Kin Yamei (; 1864 – March 4, 1934) also seen as Chin Ya-mei or Jin Yunmei, or anglicized as Y. May King, was a Chinese-born, American-raised doctor, hospital administrator, educator, and nutrition expert. She is credited with introducing tofu to the United States Department of Agriculture (USDA) during World War I.

Early life

Kin Yamei was born in 1864, in Ningbo. Her father, Rev. Kying Ling-yiu (Chin Ding-yu), was a Christian convert. When she was two years old she was orphaned during the cholera epidemic; she was adopted by American missionaries, Divie Bethune McCartee and Juana M. Knight McCartee. They encouraged her to use her given name, and to learn Chinese as well as English; she also learned to speak Japanese and French. She attended the Women's Medical College of the New York Infirmary, founded by Elizabeth Blackwell, where she graduated at the top of her class in 1885. The Chinese Consul attended the graduation ceremony to witness her achievement. She pursued further study in Philadelphia and Washington, D. C.She also learned photography skills, and published a journal article on medical photo-micrography while she was in medical school.

Career

Kin Yamei, from a 1905 publication.

From 1890 to 1894, she ran a hospital for women and children in Kobe, Japan, where she stayed while recovering from malaria.She was superintendent at a women's hospital and nurses' training program at Tianjin. She also founded the Northern Medical School for Women at Zhili, in 1907.

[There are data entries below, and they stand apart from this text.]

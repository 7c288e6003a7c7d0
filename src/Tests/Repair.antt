-- ===== src/Tests/Repair.antt =====
-- The repair queue at concrete inputs.
use Prim.Native.Nat.{ℕ}
use tachy_cognitive_ai_agent.Common.{
  ◌≡◌, if◌then◌else◌, refl, true, false, String, Option, none, some, List, [], ◌∷◌,
}
use tachy_cognitive_ai_agent.Common.Int.{ℤ, pos}
use tachy_cognitive_ai_agent.Common.Text.{codes, text_eq}
use tachy_cognitive_ai_agent.RepairQueue.{
  observing, fixed, escalated, Intention, Note, QueueOps, slug, note_failure, mark,
}
use tachy_cognitive_ai_agent.RepairQueue.Tiers.{
  status_of, note_all, fixed_escalates, IsComplaint, stranger_only_observes,
}
use tachy_cognitive_ai_agent.RepairQueue.Queue.{mark-note_failure}

abbrev note : ℤ → String → Note
note tier person = record {
  tier = tier;
  source = codes "conversation";
  sample = codes "itna lamba";
  conversation_id = some 7;
  person = some person;
  guardian = false;
  fix_class = "directive";
}

abbrev fixed_row : Intention
fixed_row = record {
  evidence_tier = 2;
  fix_class = "directive";
  recurrence = 3;
  guardian_involved = false;
  people = "asha" ∷ "ravi" ∷ [];
  sample = [];
  source = [];
  conversation_id = none;
  status = fixed;
  last_seen = 4;
  repaired_at = some 4;
  repair_note = none;
}

fixed_escalates_example :
    status_of
      (note_all ((9, note (pos 1) "asha") ∷ (10, note (pos 1) "ravi") ∷ []) (some fixed_row))
    ≡ some escalated
fixed_escalates_example =
    fixed_escalates 9 (note (pos 1) "asha") ((10, note (pos 1) "ravi") ∷ []) fixed_row refl

complaint : (p : String) (now : ℕ) → IsComplaint p (now, note (pos 2) p)
complaint p now = record { tier = refl; stranger = refl; person = refl }

stranger_only_observes_example :
    status_of (note_all ((9, note (pos 2) "asha") ∷ (10, note (pos 2) "asha") ∷ []) none)
    ≡ some observing
stranger_only_observes_example =
    stranger_only_observes "asha" 9 (note (pos 2) "asha") ((10, note (pos 2) "asha") ∷ [])
      (complaint "asha" 9, (complaint "asha" 10, tt))

-- A queue that is a function of the signature.
abbrev queue : QueueOps
queue = record {
  Table = List ℕ → Option Intention;
  get = λ t k. t k;
  put = λ k r t j. if text_eq j k then some r else t j;
  get-put = λ k r t j. refl;
}

mark-note_failure_example :
    let t' =
      (mark queue false 9 (codes "Reply too long") (some fixed) [] (λ k. some fixed_row)).1 in
    status_of (
      queue.get
        (note_failure queue true false 10 (codes "Reply too long") (note (pos 2) "asha") t').1
        (slug (codes "Reply too long")))
    ≡ some escalated
mark-note_failure_example =
    mark-note_failure queue 9 10 (codes "Reply too long") [] (note (pos 2) "asha")
      (λ k. some fixed_row) fixed_row refl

She also lectured in the United States about Chinese culture, women, and medicine, including a speech to the Los Angeles Medical Association, and a speech at Carnegie Hall. She published an article about Honolulu's Chinatown in Overland Monthly (1902), and an article about soybeans in the New-York Tribune (1904). She spent World War I in the United States, working with the USDA on nutritional and other uses for soybeans, and introducing tofu to American food scientists. She addressed an international Peace Conference in 1904, in New York City.

Personal life

Kin Yamei married Hippolytus Laesola Amador Eca da Silva, in 1894 in Japan. Mr. da Silva was a merchant and interpreter born in Hong Kong. They divorced in 1904. They had a son, Alexander, born in 1895 in Honolulu, Hawaii; he died in 1918 as an American soldier in World War I, in France, and was buried at Arlington National Cemetery, under the name "Alexander A. Kin". Kin Yamei returned to China and spent her later years in Beijing, and died from pneumonia in 1934, aged 70 years.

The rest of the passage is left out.